Stationarity, ADF & differencing

What stationarity means

A time series is stationary when its statistical properties don’t change as time moves forward. Formally, three things must hold across all time windows of the same length:

• Mean — the average level stays roughly constant.
• Variance — the spread of values stays roughly constant.
• Autocovariance — the relationship between a value and its own past (its correlation structure) depends only on the lag, not on the absolute position in time.

A sales series that grows every year violates the first condition — its mean is drifting upward. A price series during a volatile crisis violates the second — variance explodes, then calms. ARIMA and most classical forecasting models assume the series it is learning from is stationary, because they try to model a stable, repeatable dynamic. If the mean keeps shifting, there is no stable dynamic to learn: the model’s coefficient estimates change depending on which time window you fit on, and forecasts diverge quickly.

A visual

The SVG below shows the contrast directly. The left panel has a drifting mean — classic non-stationarity. The right panel has a flat mean, constant spread, and no trend.

How to check: rolling statistics and the ADF test

There are two complementary approaches. Start visual, then confirm statistically.

Visual check — rolling mean and standard deviation

Compute a rolling window mean and standard deviation and plot them alongside the original series. If the rolling mean is flat and the rolling std is roughly constant, the series looks stationary. If either drifts systematically, you have a problem. This is a quick sanity check, not a formal test.

The Augmented Dickey-Fuller test

The Augmented Dickey-Fuller (ADF) test is the standard statistical test for a unit root — the formal term for the kind of non-stationarity caused by a trend. The terminology needs unpacking:

• Unit root — a particular structure in the time series model that causes the series to wander indefinitely rather than mean-revert. A random walk (y_t = y_{t-1} + noise) has a unit root.
• Null hypothesis of ADF — the series has a unit root (i.e., it is non-stationary). This is the opposite of what you want.
• Alternative hypothesis — the series does not have a unit root (i.e., it is stationary).

So a small p-value (say, below 0.05) means you reject the null — the series is stationary. A large p-value means you fail to reject — the series likely has a unit root and needs treatment.

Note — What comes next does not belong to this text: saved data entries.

-- ===== src/Chat.antt =====
-- apps/desktop/src/features/chat/useChat.ts: the handlers of what the socket receives. `Client` is
-- what they work on: the vault, the socket, the chat store and the hook's references. The
-- handlers' awaits are not interleaved with one another.
pub mod Live
pub mod Ack
pub mod Received
pub mod Closed
pub mod Status
pub mod Reports
pub mod Tests
use ep2pchat.Base.{
  ℕ, zero, suc, ◌+◌, ◌≡◌, ite, String, Bool, true, false, Option, none, some, List, [], ◌∷◌, ◌++◌,
  map, string_dec, if◌then◌else◌, or_text, or_else, truthy, truthy?, ◌||◌, ◌&&◌,
}
use ep2pchat.Base.Dict.{lookup, insert}
use ep2pchat.Base.Exec.{Result, ok, err, Exec, pure}
use ep2pchat.Base.Codec.{Json, Base64}
use ep2pchat.Socket.{Socket, send}
use ep2pchat.Wire.{Outgoing, message_id}
use ep2pchat.Vault.Db.{Db}
use ep2pchat.Vault.Messages.{
  str_eq, sql_eq, NewMessage, save_message, update_message_status, reconcile_temp_message_id,
}
use ep2pchat.Vault.History.{Shown, NewEvent, save_message_event, deleted_text}
use ep2pchat.Vault.Keyed.{save_story_key}
use ep2pchat.Orchestration.{LocalKeys, Ratchet, Incoming, Decrypted, process_incoming_message}

module _ (json : Json) (b64 : Base64) (native : Ratchet) where
  open json use {Value, parse, stringify, field, member, empty}

  pub record Client : Type 0 where
    pub db : Db
    pub socket : Socket (Outgoing native.Header)
    pub messages : List (Shown Value)
    pub last_message_by_contact : List (String × Option String)
    pub typing_by_contact : List (String × Bool)
    pub unread_by_contact : List (String × ℕ)
    pub temp_to_server_id : List (String × String)
    pub active_contact_id : Option String
    pub local_keys : Option LocalKeys
    pub user_id : Option String

  -- What a plaintext says: its JSON, if that has a type, or else a text with that body.
  pub record Structured : Type 0 where
    pub kind : String
    pub body : Option String
    pub parent_id : Option String
    pub target_id : Option String
    pub metadata : Value
    pub whole : Value

  abbrev plain : String → Structured
  plain text = record {
    kind = "text";
    body = some text;
    parent_id = none;
    target_id = none;
    metadata = empty;
    whole = empty;
  }

  abbrev typed : String → Value → Option String → Structured
  typed text v none = plain text
  typed text v (some kind) =
      if truthy kind
      then (record {
        kind = kind;
        body = field v "body";
        parent_id = or_text (field v "parent_id") none;
        target_id = field v "target_id";
        metadata = or_else (member v "metadata") empty;
        whole = v;
      })
      else plain text

  abbrev structured_from : String → Option Value → Structured
  structured_from text none = plain text
  structured_from text (some v) = typed text v (field v "type")

  pub structured_of : String → Structured
  structured_of text = structured_from text (parse text)

  pub emit : String → String → Client → Client
  emit kind id c = record c { socket = send kind (message_id id) c.socket }

  abbrev pub unread_of : Option ℕ → ℕ
  unread_of none = 0
  unread_of (some n) = n

  -- The store updates for a new message, after it was saved and acknowledged.
  pub show_message : String → Shown Value → Client → Client
  unfolding emit
  show_message conversation m c0 =
      let c = record c0 {
        last_message_by_contact = insert conversation m.text c0.last_message_by_contact;
        typing_by_contact = insert conversation false c0.typing_by_contact;
      } in
      if sql_eq c.active_contact_id conversation
      then emit "MESSAGE_READ" m.id (record c { messages = c.messages ++ m ∷ [] })
      else record c {
        unread_by_contact =
            insert conversation (unread_of (lookup conversation c.unread_by_contact) + 1)
              c.unread_by_contact;
      }

  abbrev pub shown_message : Incoming b64 native → Structured → Shown Value
  shown_message payload s = record {
    id = payload.message_id;
    sender = payload.sender_device_id;
    text = s.body;
    timestamp = payload.timestamp;
    is_me = false;
    status = "received";
    parent_id = s.parent_id;
    reactions = [];
    is_deleted = false;
    is_edited = false;
    metadata = s.metadata;
  }

  abbrev pub saved_message :
      Incoming b64 native → Structured → String → Option String → NewMessage json
  saved_message payload s conversation user_id = record {
    id = payload.message_id;
    temp_id = none;
    sender = payload.sender_device_id;
    text = s.body;
    is_me = false;
    conversation_id = some conversation;
    recipient_id = user_id;
    timestamp = some payload.timestamp;
    message_status = some "received";
    parent_id = s.parent_id;
    metadata = some s.metadata;
  }

  -- `try { await save; socket.send(MESSAGE_ACK) } catch { return }`, and what follows.
  abbrev pub acknowledged : String → (Client → Client) → Client → Result (Unit {0}) × Db → Client
  acknowledged id rest c (ok _, d) = rest (emit "MESSAGE_ACK" id (record c { db = d }))
  acknowledged id rest c (err x, d) = record c { db = d }

  pub receive_message : Incoming b64 native → Structured → String → Client → Client
  receive_message payload s conversation c =
      acknowledged payload.message_id (show_message conversation (shown_message payload s)) c
        (save_message json (saved_message payload s conversation c.user_id) c.db)

  -- The update of the shown messages by an edit, a deletion or a reaction.
  unfoldable pub live_event : Structured → Shown Value → Shown Value
  live_event s m =
      if sql_eq s.target_id m.id
      then (if str_eq s.kind "edit"
          then record m { text = s.body; is_edited = true }
          else if str_eq s.kind "delete"
          then record m { is_deleted = true; text = deleted_text }
          else if str_eq s.kind "reaction"
          then record m { reactions = m.reactions ++ field s.whole "emoji" ∷ [] }
          else m)
      else m

  pub show_event : String → Structured → Client → Client
  show_event conversation s c =
      if sql_eq c.active_contact_id conversation
      then record c { messages = map (live_event s) c.messages }
      else c

  abbrev pub saved_event : Incoming b64 native → Structured → NewEvent json
  saved_event payload s = record {
    id = payload.message_id;
    target_msg_id = s.target_id;
    event_type = s.kind;
    payload = s.whole;
  }

  pub receive_event : Incoming b64 native → Structured → String → Client → Client
  receive_event payload s conversation c =
      acknowledged payload.message_id (show_event conversation s) c
        (save_message_event json (saved_event payload s) c.db)

  pub receive_structured : Incoming b64 native → Structured → String → Client → Client
  receive_structured payload s conversation c =
      if str_eq s.kind "text" || str_eq s.kind "reply"
      then receive_message payload s conversation c
      else receive_event payload s conversation c

  abbrev pub received :
      Incoming b64 native → Client → Result (Option (Decrypted b64 native)) × Db → Client
  received payload c (ok (some r), d) =
      receive_structured payload (structured_of r.plaintext) r.conversation_id (record c { db = d })
  received payload c (ok none, d) = record c { db = d }
  received payload c (err x, d) = record c { db = d }

  abbrev pub incoming_with : Incoming b64 native → Option LocalKeys → Client → Client
  incoming_with payload none c = c
  incoming_with payload (some keys) c =
      received payload c (process_incoming_message b64 native payload keys c.active_contact_id c.db)

  pub handle_incoming_message : Incoming b64 native → Client → Client
  handle_incoming_message payload c = incoming_with payload c.local_keys c
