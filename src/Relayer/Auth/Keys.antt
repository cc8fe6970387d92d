-- ===== src/Relayer/Auth/Keys.antt =====
-- Which requests `authenticate` admits.
use b402_solana.Common.{
  ◌≡◌, ◌≢◌, ◌↔◌, ap, refl, arith, List, [], ◌∷◌, length, Option, none, some, Text, text_eq,
  text_eq_iff, Bytes, ok, Bool-cases, inl, inr, true, Option-cases,
}
use b402_solana.Relayer.Auth.{
  ApiKeyEntry, AuthContext, AuthConfig, Headers, extract_key, match_key, check_key, authenticate,
}

module _ (utf8 : Text → Bytes) where
  -- An entry of the key file: behind entries whose bytes differ from the presented ones.
  pub data Matches (presented : Text) : List (Text × ApiKeyEntry) → AuthContext → Type 0 where
    here :
        {k : Text} {p : ApiKeyEntry} {rest : List (Text × ApiKeyEntry)} {ctx : AuthContext}
        → utf8 k ≡ utf8 presented
        → ctx ≡ record { key_id = k; policy = p }
        → Matches presented ((k, p) ∷ rest) ctx
    later :
        {k : Text} {p : ApiKeyEntry} {rest : List (Text × ApiKeyEntry)} {ctx : AuthContext}
        → utf8 k ≢ utf8 presented
        → Matches presented rest ctx
        → Matches presented ((k, p) ∷ rest) ctx

  match_key_sound :
      (presented : Text) (keys : List (Text × ApiKeyEntry)) (ctx : AuthContext)
      → match_key utf8 presented keys ≡ some ctx
      → Matches presented keys ctx
  unfolding match_key
  match_key_sound presented [] ctx e = cc
  match_key_sound presented ((k, p) ∷ rest) ctx e =
      elim (Bool-cases (text_eq (utf8 k) (utf8 presented))) [
        | inl same ↦
            let bytes : utf8 k ≡ utf8 presented = (text_eq_iff _ _).0 same in
            here bytes (ground (arith, ap (length {0}) bytes))
        | inr other ↦
            later (λ q. cc ((text_eq_iff (utf8 k) (utf8 presented)).1 q))
              (match_key_sound presented rest ctx (ground arith))
      ]

  match_key_complete :
      {presented : Text} {keys : List (Text × ApiKeyEntry)} {ctx : AuthContext}
      → Matches presented keys ctx
      → match_key utf8 presented keys ≡ some ctx
  unfolding match_key
  match_key_complete {presented} (here {k} same e) =
      ground (arith, ap (length {0}) same, (text_eq_iff (utf8 k) (utf8 presented)).1 same)
  match_key_complete {presented} (later {k} other m) =
      ground (arith, match_key_complete m, text_eq_iff (utf8 k) (utf8 presented))

  -- A presented key that selects an entry.
  abbrev pub Admits : Option (List (Text × ApiKeyEntry)) → Option Text → AuthContext → Type 0
  Admits keys? presented? ctx =
      (presented : Text) × (keys : List (Text × ApiKeyEntry)) × (presented? ≡ some presented)
      × (presented ≢ [])
      × (keys? ≡ some keys)
      × Matches presented keys ctx

  check_key_sound :
      (keys : Option (List (Text × ApiKeyEntry))) (presented : Option Text) (ctx : AuthContext)
      → check_key utf8 keys presented ≡ ok ctx
      → Admits keys presented ctx
  unfolding check_key
  check_key_sound keys none ctx e = cc
  check_key_sound keys (some []) ctx e = cc
  check_key_sound none (some (c ∷ s)) ctx e = cc
  check_key_sound (some keys) (some (c ∷ s)) ctx e =
      elim (Option-cases (match_key utf8 (c ∷ s) keys)) [
        | inl missed ↦ cc (rw (missed, check_key) at e)
        | inr (found, at) ↦
            (c ∷ s, keys, refl, λ q. cc, refl, match_key_sound (c ∷ s) keys ctx (ground arith))
      ]

  check_key_complete :
      (keys : List (Text × ApiKeyEntry)) (presented : Text) (ctx : AuthContext)
      → presented ≢ []
      → Matches presented keys ctx
      → check_key utf8 (some keys) (some presented) ≡ ok ctx
  unfolding check_key
  check_key_complete keys [] ctx h m = absurd (h refl)
  check_key_complete keys (c ∷ s) ctx h m = rw (match_key_complete m, check_key)

  check_key-Admits :
      (keys : Option (List (Text × ApiKeyEntry))) (presented : Option Text) (ctx : AuthContext)
      → Admits keys presented ctx
      → check_key utf8 keys presented ≡ ok ctx
  check_key-Admits keys? presented? ctx (presented, keys, at, full, loaded, m) =
      rw (at, loaded) (check_key_complete keys presented ctx full m)

  -- With authentication on, a request is admitted exactly when it presents a non-empty key, a key
  -- file is loaded, and the first entry whose bytes are those of the key is the one returned.
  pub authenticate_iff :
      (cfg : AuthConfig) (h : Headers) (ctx : AuthContext)
      → cfg.auth_enabled ≡ true
      → (authenticate utf8 cfg h ≡ ok ctx) ↔ Admits cfg.api_keys (extract_key h) ctx
  unfolding authenticate
  authenticate_iff cfg h ctx on = (
    λ e. check_key_sound cfg.api_keys (extract_key h) ctx (rw on at e),
    λ a. rw on (check_key-Admits cfg.api_keys (extract_key h) ctx a),
  )
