-- ===== src/Relayer/Auth/RateLimit.antt =====
-- The quota of `enforceRateLimit`, whose window is a fixed one from the first request on.
use Prim.Native.Nat.{min}
use b402_solana.Common.{
  ℕ, suc, ◌+◌, ◌-◌, ◌≤◌, ◌<◌, ◌≡◌, ◌≢◌, refl, arith, List, [], ◌∷◌, length, Option, ◌⊎◌, none, some,
  All, Text, text_eq, text_eq_iff, text_eq_refl, Result, ok, err, if◌then◌else◌, inl, inr, le→leb,
  lt→leb,
}
use b402_solana.Relayer.Errors.{RelayerError, rate_limited}
use b402_solana.Relayer.Auth.{
  AuthContext, Bucket, get_bucket, set_bucket, current_bucket, enforce_rate_limit, window_ms,
}

get_bucket-set_bucket :
    (j k : Text) (b : Bucket) (m : List (Text × Bucket))
    → get_bucket j (set_bucket k b m) ≡ (if text_eq k j then some b else get_bucket j m)
unfolding get_bucket set_bucket
get_bucket-set_bucket j k b [] = refl
get_bucket-set_bucket j k b ((i, c) ∷ m) =
    ground (arith, text_eq_iff i k, text_eq_iff i j, text_eq_iff k j, get_bucket-set_bucket j k b m)

get_bucket-set_bucket_self :
    (k : Text) (b : Bucket) (m : List (Text × Bucket)) → get_bucket k (set_bucket k b m) ≡ some b
get_bucket-set_bucket_self k b m = rw (get_bucket-set_bucket, text_eq_refl k)

-- A call for one key leaves the buckets of all other keys as they are.
pub enforce_rate_limit-others :
    (buckets : List (Text × Bucket)) (ctx : AuthContext) (now : ℕ) (j : Text)
    → j ≢ ctx.key_id
    → get_bucket j (enforce_rate_limit buckets ctx now).0 ≡ get_bucket j buckets
unfolding enforce_rate_limit
enforce_rate_limit-others buckets ctx now j h =
    let b = current_bucket (get_bucket ctx.key_id buckets) ctx.policy.rate_limit_per_min now in
    ground (
      arith,
      text_eq_iff ctx.key_id j,
      get_bucket-set_bucket j ctx.key_id b buckets,
      get_bucket-set_bucket j ctx.key_id (record b { count = suc b.count }) buckets,
    )

tally : Result RelayerError (Unit {0}) → ℕ → ℕ
tally (ok done) n = suc n
tally (err e) n = n

-- The calls of a key at the given times, and how many of them are let through.
pub accepted : List (Text × Bucket) → AuthContext → List ℕ → ℕ
accepted buckets ctx [] = 0
accepted buckets ctx (now ∷ times) =
    let r = enforce_rate_limit buckets ctx now in tally r.1 (accepted r.0 ctx times)

enforce_rate_limit_full :
    (buckets : List (Text × Bucket)) (ctx : AuthContext) (now : ℕ) (b : Bucket)
    → current_bucket (get_bucket ctx.key_id buckets) ctx.policy.rate_limit_per_min now ≡ b
    → ctx.policy.rate_limit_per_min ≤ b.count
    → enforce_rate_limit buckets ctx now ≡ (set_bucket ctx.key_id b buckets, err rate_limited)
unfolding enforce_rate_limit
enforce_rate_limit_full buckets ctx now b e h = rw (e, le→leb _ _ h)

enforce_rate_limit_room :
    (buckets : List (Text × Bucket)) (ctx : AuthContext) (now : ℕ) (b : Bucket)
    → current_bucket (get_bucket ctx.key_id buckets) ctx.policy.rate_limit_per_min now ≡ b
    → b.count < ctx.policy.rate_limit_per_min
    → enforce_rate_limit buckets ctx now
      ≡ (set_bucket ctx.key_id (record b { count = suc b.count }) buckets, ok tt)
unfolding enforce_rate_limit
enforce_rate_limit_room buckets ctx now b e h = rw (e, lt→leb _ _ h)

-- Within its window a bucket lets through exactly what is left of the limit.
accepted-active :
    (times : List ℕ) (buckets : List (Text × Bucket)) (ctx : AuthContext) (b : Bucket)
    → get_bucket ctx.key_id buckets ≡ some b
    → All (λ t. t < b.window_start + window_ms) times
    → b.count ≤ ctx.policy.rate_limit_per_min
    → accepted buckets ctx times ≡ min (ctx.policy.rate_limit_per_min - b.count) (length times)
unfolding accepted tally
accepted-active [] buckets ctx b e within h = omega arith
accepted-active (now ∷ times) buckets ctx b e (inside, within) h = elim (le-cases limit b.count) [
  | inl full ↦
      rw (enforce_rate_limit_full buckets ctx now b same full, accepted)
        (omega (
          arith,
          accepted-active times (set_bucket ctx.key_id b buckets) ctx b
              (get_bucket-set_bucket_self ctx.key_id b buckets) within h,
        ))
  | inr room ↦
      rw (enforce_rate_limit_room buckets ctx now b same room, accepted)
        (omega (
          arith,
          accepted-active times (set_bucket ctx.key_id (record b { count = suc b.count }) buckets)
              ctx (record b { count = suc b.count })
              (get_bucket-set_bucket_self ctx.key_id (record b { count = suc b.count }) buckets)
              within room,
        ))
]
  where
    limit : ℕ
    limit = ctx.policy.rate_limit_per_min

    same : current_bucket (get_bucket ctx.key_id buckets) limit now ≡ b
    same = unfold current_bucket in rw e (ground arith)

    le-cases : (a b : ℕ) → (a ≤ b) ⊎ (b < a)
    le-cases a b = grind arith

-- A key has no bucket, or its window is over at `now`.
abbrev pub IsOver : Option Bucket → ℕ → Type 0
IsOver none now = Unit
IsOver (some b) now = b.window_start + window_ms ≤ now

current_bucket_fresh :
    (o : Option Bucket) (limit now : ℕ)
    → IsOver o now
    → current_bucket o limit now ≡ record { window_start = now; count = 0; limit = limit }
unfolding current_bucket
current_bucket_fresh none limit now h = refl
current_bucket_fresh (some b) limit now h = ground arith

-- A call of a key that has no bucket, or whose window is over, opens a window of 60 seconds; of it
-- and all further calls of the key in that window exactly the first `rate_limit_per_min` are let
-- through.
pub accepted-window :
    (buckets : List (Text × Bucket)) (ctx : AuthContext) (now : ℕ) (times : List ℕ)
    → IsOver (get_bucket ctx.key_id buckets) now
    → All (λ t. t < now + window_ms) times
    → accepted buckets ctx (now ∷ times) ≡ min ctx.policy.rate_limit_per_min (suc (length times))
unfolding accepted tally
accepted-window buckets ctx now times over within = elim (zero-cases limit) [
  | inl none_left ↦
      rw (enforce_rate_limit_full buckets ctx now fresh opened (omega arith), accepted)
        (omega (
          arith,
          accepted-active times (set_bucket ctx.key_id fresh buckets) ctx fresh
              (get_bucket-set_bucket_self ctx.key_id fresh buckets) within (omega arith),
        ))
  | inr some_left ↦
      let used = record fresh { count = 1 } in
      rw (enforce_rate_limit_room buckets ctx now fresh opened some_left, accepted)
        (omega (
          arith,
          accepted-active times (set_bucket ctx.key_id used buckets) ctx used
              (get_bucket-set_bucket_self ctx.key_id used buckets) within some_left,
        ))
]
  where
    limit : ℕ
    limit = ctx.policy.rate_limit_per_min

    fresh : Bucket
    fresh = record { window_start = now; count = 0; limit = limit }

    opened : current_bucket (get_bucket ctx.key_id buckets) limit now ≡ fresh
    opened = current_bucket_fresh (get_bucket ctx.key_id buckets) limit now over

    zero-cases : (a : ℕ) → (a ≡ 0) ⊎ (0 < a)
    zero-cases a = grind arith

The test is available in statsmodels. Because statsmodels is not available in the browser playground, here it is as a static block:

from statsmodels.tsa.stattools import adfuller
import pandas as pd

result = adfuller(series)
print(f"ADF statistic : {result[0]:.4f}")
print(f"p-value       : {result[1]:.4f}")
print(f"Critical vals : {result[4]}")

The output includes the ADF statistic (more negative = stronger evidence of stationarity), the p-value, and critical values at 1%, 5%, and 10% significance levels. A well-differenced series typically returns a small p-value, well below 0.05, and an ADF statistic more negative than the 5% critical value.

Making a series stationary: differencing

If the series has a trend (non-constant mean), the standard fix is differencing. The first difference of a series replaces each value with the change since the previous step:

diff1 = series.diff().dropna()

This removes a linear trend. If the trend is quadratic or the first difference still drifts, apply a second difference — but see the warning below.

For seasonality, seasonal differencing subtracts the value from the same period in the prior cycle. For monthly data with yearly seasonality:

diff_seasonal = series.diff(12).dropna()

Stabilizing variance with a log transform

If the series shows growing variance — the swings get larger as the level rises, common in revenue or stock prices — a log transform compresses that before you difference:

import numpy as np
log_series = np.log(series)
log_diff = log_series.diff().dropna()

The log transform converts multiplicative growth patterns into additive ones, which differencing can then remove.

The d in ARIMA

ARIMA(p, d, q) has three components. The middle one, d, is the order of differencing — how many times you apply .diff() before passing the series to ARIMA. d=0 means the series is already stationary. d=1 is the most common value and handles most linear trends. d=2 is occasionally needed and rarely anything higher.

Playground: watch the trend vanish

The playground below builds a trending series (constant drift plus noise), plots the original and the first difference side by side, and prints their rolling means so you can compare. The trend should disappear after differencing.

The differenced series should hover around zero with a roughly constant spread — no long upward march. That is what the ADF test confirms statistically.

Putting it all together: a workflow

1. Plot the raw series and its rolling mean/std. Does the mean drift? Does variance grow?
2. If yes, apply a log transform first if variance is growing, then difference.
3. Run adfuller on the result. If the p-value is above 0.05, difference once more.
4. Stop as soon as the p-value is small. Note how many times you differenced — that is d in ARIMA.
5. Before modelling, look at the ACF and PACF of the stationary series to choose p and q.